» **Requirement**
An identical copy of every entry below is the required output.

» **Extracted data**
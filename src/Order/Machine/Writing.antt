-- ===== src/Order/Machine/Writing.antt =====
-- About `addItemToOrder` among the events: the lines that it writes.
use nestjs_order_api.Base.{
  ◌≤◌, ◌<◌, String, Option, none, some, ◌≡◌, ◌⊎◌, refl, ◌∙◌, arith, Option-cases, inl, inr, select,
}
use nestjs_order_api.Http.{Result, ok, err}
use nestjs_order_api.Schema.{Order, OrderItem, Product, pending}
use nestjs_order_api.Prisma.{World, Action, proceed, pure, ◌>>=◌}
use nestjs_order_api.Base.Keyed.{find}
use nestjs_order_api.Prisma.Rows.{order_key, product_key, of_line, first}
use nestjs_order_api.Prisma.Effects.{Oracle}
use nestjs_order_api.Prisma.Laws.{documented}
use nestjs_order_api.Services.{guarded, tenant_errors}
use nestjs_order_api.Order.Cart.{
  AddItemDto, add_item_to_order, write_line, put_line, recalculate_order_total,
}
use nestjs_order_api.Order.Adding.{lines_after, at_write}
use nestjs_order_api.Order.Machine.Bystanders.{
  IsUuid, Kept, Kept-trans, IsBystander, >>=-IsBystander, pure-IsBystander, leaving,
}

module _ {E : Type 0} (o : Oracle E) (ids : IsUuid o) where
  recalculate-IsBystander :
      (id : String) → IsBystander o ids (recalculate_order_total (documented o) id)
  unfolding recalculate_order_total documented
  recalculate-IsBystander id = search leaving

  -- The lines have been written with an id of this state of the world.
  abbrev pub Wrote : String → AddItemDto → Product → World E → World E → Type 0
  Wrote id dto product w w' =
      (w'.tables.items
        ≡ lines_after (o.fresh_id w.env) id dto product.price
            (first (select (of_line id dto.product_id) w.tables.items)) w.tables.items)
      × (ids.clock w.env < ids.clock w'.env)

  put_line_cases :
      (id tenant : String) (dto : AddItemDto) (product : Product) (existing : Option OrderItem)
      (w : World E)
      → let w' = (put_line (documented o) id dto tenant product existing w).1 in
        Kept o ids w w'
        ⊎ (w'.tables.items
            ≡ lines_after (o.fresh_id w.env) id dto product.price existing w.tables.items)
          × (ids.clock w.env < ids.clock w'.env)
  unfolding put_line documented guarded tenant_errors
  put_line_cases id tenant dto product (some old) w = ground (arith, ids.next_lem w.env)
  put_line_cases id tenant dto product none w = ground (arith, ids.next_lem w.env)

  -- A call reads only, or comes to write a line of an order that is PENDING.
  add_item_cases :
      (id user tenant : String) (dto : AddItemDto) (w : World E) (order : Order) (product : Product)
      → find order_key id w.tables.orders ≡ some order
      → find product_key dto.product_id w.tables.products ≡ some product
      → let existing = first (select (of_line id dto.product_id) w.tables.items) in
        let u : World E = record w { env = at_write o w } in
        Kept o ids w (add_item_to_order (documented o) id user dto tenant w).1
        ⊎ (order.status ≡ pending)
          × (add_item_to_order (documented o) id user dto tenant w
              ≡ write_line (documented o) id dto tenant product existing u)
  unfolding add_item_to_order documented
  add_item_cases id user tenant dto w order product e s =
      ground (
        arith,
        ids.next_lem w.env,
        ids.next_lem (o.next w.env),
        ids.next_lem (o.next (o.next w.env)),
      )

  proceed-Kept :
      {A B : Type 0} (f : A → Action E B)
      → ((a : A) → IsBystander o ids (f a))
      → (r : Result A × World E) → Kept o ids r.1 (proceed r f).1
  proceed-Kept f k (ok a, v) = (k a).keeps v
  proceed-Kept f k (err e, v) = (refl, omega arith)

  Wrote-Kept :
      (id : String) (dto : AddItemDto) (product : Product) (u v w : World E)
      → Wrote id dto product u v
      → Kept o ids v w
      → Wrote id dto product u w
  Wrote-Kept id dto product u v w (a, b) (c, d) = (c ∙ a, omega arith)

  write_line_cases :
      (id tenant : String) (dto : AddItemDto) (product : Product) (w : World E)
      → let existing = first (select (of_line id dto.product_id) w.tables.items) in
        let w' = (write_line (documented o) id dto tenant product existing w).1 in
        Kept o ids w w' ⊎ Wrote id dto product w w'
  unfolding write_line
  write_line_cases id tenant dto product w =
      let existing = first (select (of_line id dto.product_id) w.tables.items) in
      let put = put_line (documented o) id dto tenant product existing w in
      let rest : OrderItem × Option Product → Action E (OrderItem × Option Product) =
        λ item. recalculate_order_total (documented o) id >>= (λ _. pure item) in
      let after =
        proceed-Kept rest
          (λ item.
            >>=-IsBystander o ids _ _ (recalculate-IsBystander id)
              (λ _. pure-IsBystander o ids item))
          put in
      elim (put_line_cases id tenant dto product existing w) [
        | inl kept ↦ inl (Kept-trans o ids w put.1 (proceed put rest).1 kept after)
        | inr wrote ↦ inr (Wrote-Kept id dto product w put.1 (proceed put rest).1 wrote after)
      ]

  -- What is written when a call comes to write: a line of an order that is PENDING, for a product that
  -- is there.
  pub record IsWritten (id : String) (dto : AddItemDto) (w w' : World E) : Type 0 where
    pub order : Order
    pub found : find order_key id w.tables.orders ≡ some order
    pub was_pending : order.status ≡ pending
    pub product : Product
    pub wrote : Wrote id dto product (record w { env = at_write o w }) w'
    pub later : ids.clock w.env ≤ ids.clock (at_write o w)

  no_order_cases :
      (id user tenant : String) (dto : AddItemDto) (w : World E)
      → find order_key id w.tables.orders ≡ none
      → Kept o ids w (add_item_to_order (documented o) id user dto tenant w).1
  unfolding add_item_to_order documented
  no_order_cases id user tenant dto w e = ground (arith, ids.next_lem w.env)

  no_product_cases :
      (id user tenant : String) (dto : AddItemDto) (w : World E) (order : Order)
      → find order_key id w.tables.orders ≡ some order
      → find product_key dto.product_id w.tables.products ≡ none
      → Kept o ids w (add_item_to_order (documented o) id user dto tenant w).1
  unfolding add_item_to_order documented guarded tenant_errors
  no_product_cases id user tenant dto w order e s =
      ground (arith, ids.next_lem w.env, ids.next_lem (o.next w.env))

  pub add_item_outcome :
      (id user tenant : String) (dto : AddItemDto) (w : World E)
      → let w' = (add_item_to_order (documented o) id user dto tenant w).1 in
        Kept o ids w w' ⊎ IsWritten id dto w w'
  add_item_outcome id user tenant dto w = elim (Option-cases (find order_key id w.tables.orders)) [
    | inl missing ↦ inl (no_order_cases id user tenant dto w missing)
    | inr (order, e) ↦ elim (Option-cases (find product_key dto.product_id w.tables.products)) [
      | inl missing ↦ inl (no_product_cases id user tenant dto w order e missing)
      | inr (product, s) ↦ elim (add_item_cases id user tenant dto w order product e s) [
        | inl kept ↦ inl kept
        | inr (was_pending, run) ↦
            let u : World E = record w { env = at_write o w } in
            let later : ids.clock w.env ≤ ids.clock (at_write o w) = omega (
              arith,
              ids.next_lem w.env,
              ids.next_lem (o.next w.env),
              ids.next_lem (o.next (o.next w.env)),
            ) in
            elim (write_line_cases id tenant dto product u) [
              | inl (same, aged) ↦ inl (rw run (same, omega arith))
              | inr wrote ↦ inr (record {
                order = order;
                found = e;
                was_pending = was_pending;
                product = product;
                wrote = rw run wrote;
                later = later;
              })
            ]
      ]
    ]
  ]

» **Task response**
filename src/Order/Machine/Writing.antt
-- ===== src/Order/Machine/Writing.antt =====
-- About `addItemToOrder` among the events: the lines that it writes.
use nestjs_order_api.Base.{
  ◌≤◌, ◌<◌, String, Option, none, some, ◌≡◌, ◌⊎◌, refl, ◌∙◌, arith, Option-cases, inl, inr, select,
}
use nestjs_order_api.Http.{Result, ok, err}
use nestjs_order_api.Schema.{Order, OrderItem, Product, pending}
use nestjs_order_api.Prisma.{World, Action, proceed, pure, ◌>>=◌}
use nestjs_order_api.Base.Keyed.{find}
use nestjs_order_api.Prisma.Rows.{order_key, product_key, of_line, first}
use nestjs_order_api.Prisma.Effects.{Oracle}
use nestjs_order_api.Prisma.Laws.{documented}
use nestjs_order_api.Services.{guarded, tenant_errors}
use nestjs_order_api.Order.Cart.{
  AddItemDto, add_item_to_order, write_line, put_line, recalculate_order_total,
}
use nestjs_order_api.Order.Adding.{lines_after, at_write}
use nestjs_order_api.Order.Machine.Bystanders.{
  IsUuid, Kept, Kept-trans, IsBystander, >>=-IsBystander, pure-IsBystander, leaving,
}

module _ {E : Type 0} (o : Oracle E) (ids : IsUuid o) where
  recalculate-IsBystander :
      (id : String) → IsBystander o ids (recalculate_order_total (documented o) id)
  unfolding recalculate_order_total documented
  recalculate-IsBystander id = search leaving

  -- The lines have been written with an id of this state of the world.
  abbrev pub Wrote : String → AddItemDto → Product → World E → World E → Type 0
  Wrote id dto product w w' =
      (w'.tables.items
        ≡ lines_after (o.fresh_id w.env) id dto product.price
            (first (select (of_line id dto.product_id) w.tables.items)) w.tables.items)
      × (ids.clock w.env < ids.clock w'.env)

  put_line_cases :
      (id tenant : String) (dto : AddItemDto) (product : Product) (existing : Option OrderItem)
      (w : World E)
      → let w' = (put_line (documented o) id dto tenant product existing w).1 in
        Kept o ids w w'
        ⊎ (w'.tables.items
            ≡ lines_after (o.fresh_id w.env) id dto product.price existing w.tables.items)
          × (ids.clock w.env < ids.clock w'.env)
  unfolding put_line documented guarded tenant_errors
  put_line_cases id tenant dto product (some old) w = ground (arith, ids.next_lem w.env)
  put_line_cases id tenant dto product none w = ground (arith, ids.next_lem w.env)

  -- A call reads only, or comes to write a line of an order that is PENDING.
  add_item_cases :
      (id user tenant : String) (dto : AddItemDto) (w : World E) (order : Order) (product : Product)
      → find order_key id w.tables.orders ≡ some order
      → find product_key dto.product_id w.tables.products ≡ some product
      → let existing = first (select (of_line id dto.product_id) w.tables.items) in
        let u : World E = record w { env = at_write o w } in
        Kept o ids w (add_item_to_order (documented o) id user dto tenant w).1
        ⊎ (order.status ≡ pending)
          × (add_item_to_order (documented o) id user dto tenant w
              ≡ write_line (documented o) id dto tenant product existing u)
  unfolding add_item_to_order documented
  add_item_cases id user tenant dto w order product e s =
      ground (
        arith,
        ids.next_lem w.env,
        ids.next_lem (o.next w.env),
        ids.next_lem (o.next (o.next w.env)),
      )

  proceed-Kept :
      {A B : Type 0} (f : A → Action E B)
      → ((a : A) → IsBystander o ids (f a))
      → (r : Result A × World E) → Kept o ids r.1 (proceed r f).1
  proceed-Kept f k (ok a, v) = (k a).keeps v
  proceed-Kept f k (err e, v) = (refl, omega arith)

  Wrote-Kept :
      (id : String) (dto : AddItemDto) (product : Product) (u v w : World E)
      → Wrote id dto product u v
      → Kept o ids v w
      → Wrote id dto product u w
  Wrote-Kept id dto product u v w (a, b) (c, d) = (c ∙ a, omega arith)

  write_line_cases :
      (id tenant : String) (dto : AddItemDto) (product : Product) (w : World E)
      → let existing = first (select (of_line id dto.product_id) w.tables.items) in
        let w' = (write_line (documented o) id dto tenant product existing w).1 in
        Kept o ids w w' ⊎ Wrote id dto product w w'
  unfolding write_line
  write_line_cases id tenant dto product w =
      let existing = first (select (of_line id dto.product_id) w.tables.items) in
      let put = put_line (documented o) id dto tenant product existing w in
      let rest : OrderItem × Option Product → Action E (OrderItem × Option Product) =
        λ item. recalculate_order_total (documented o) id >>= (λ _. pure item) in
      let after =
        proceed-Kept rest
          (λ item.
            >>=-IsBystander o ids _ _ (recalculate-IsBystander id)
              (λ _. pure-IsBystander o ids item))
          put in
      elim (put_line_cases id tenant dto product existing w) [
        | inl kept ↦ inl (Kept-trans o ids w put.1 (proceed put rest).1 kept after)
        | inr wrote ↦ inr (Wrote-Kept id dto product w put.1 (proceed put rest).1 wrote after)
      ]

  -- What is written when a call comes to write: a line of an order that is PENDING, for a product that
  -- is there.
  pub record IsWritten (id : String) (dto : AddItemDto) (w w' : World E) : Type 0 where
    pub order : Order
    pub found : find order_key id w.tables.orders ≡ some order
    pub was_pending : order.status ≡ pending
    pub product : Product
    pub wrote : Wrote id dto product (record w { env = at_write o w }) w'
    pub later : ids.clock w.env ≤ ids.clock (at_write o w)

  no_order_cases :
      (id user tenant : String) (dto : AddItemDto) (w : World E)
      → find order_key id w.tables.orders ≡ none
      → Kept o ids w (add_item_to_order (documented o) id user dto tenant w).1
  unfolding add_item_to_order documented
  no_order_cases id user tenant dto w e = ground (arith, ids.next_lem w.env)

  no_product_cases :
      (id user tenant : String) (dto : AddItemDto) (w : World E) (order : Order)
      → find order_key id w.tables.orders ≡ some order
      → find product_key dto.product_id w.tables.products ≡ none
      → Kept o ids w (add_item_to_order (documented o) id user dto tenant w).1
  unfolding add_item_to_order documented guarded tenant_errors
  no_product_cases id user tenant dto w order e s =
      ground (arith, ids.next_lem w.env, ids.next_lem (o.next w.env))

  pub add_item_outcome :
      (id user tenant : String) (dto : AddItemDto) (w : World E)
      → let w' = (add_item_to_order (documented o) id user dto tenant w).1 in
        Kept o ids w w' ⊎ IsWritten id dto w w'
  add_item_outcome id user tenant dto w = elim (Option-cases (find order_key id w.tables.orders)) [
    | inl missing ↦ inl (no_order_cases id user tenant dto w missing)
    | inr (order, e) ↦ elim (Option-cases (find product_key dto.product_id w.tables.products)) [
      | inl missing ↦ inl (no_product_cases id user tenant dto w order e missing)
      | inr (product, s) ↦ elim (add_item_cases id user tenant dto w order product e s) [
        | inl kept ↦ inl kept
        | inr (was_pending, run) ↦
            let u : World E = record w { env = at_write o w } in
            let later : ids.clock w.env ≤ ids.clock (at_write o w) = omega (
              arith,
              ids.next_lem w.env,
              ids.next_lem (o.next w.env),
              ids.next_lem (o.next (o.next w.env)),
            ) in
            elim (write_line_cases id tenant dto product u) [
              | inl (same, aged) ↦ inl (rw run (same, omega arith))
              | inr wrote ↦ inr (record {
                order = order;
                found = e;
                was_pending = was_pending;
                product = product;
                wrote = rw run wrote;
                later = later;
              })
            ]
      ]
    ]
  ]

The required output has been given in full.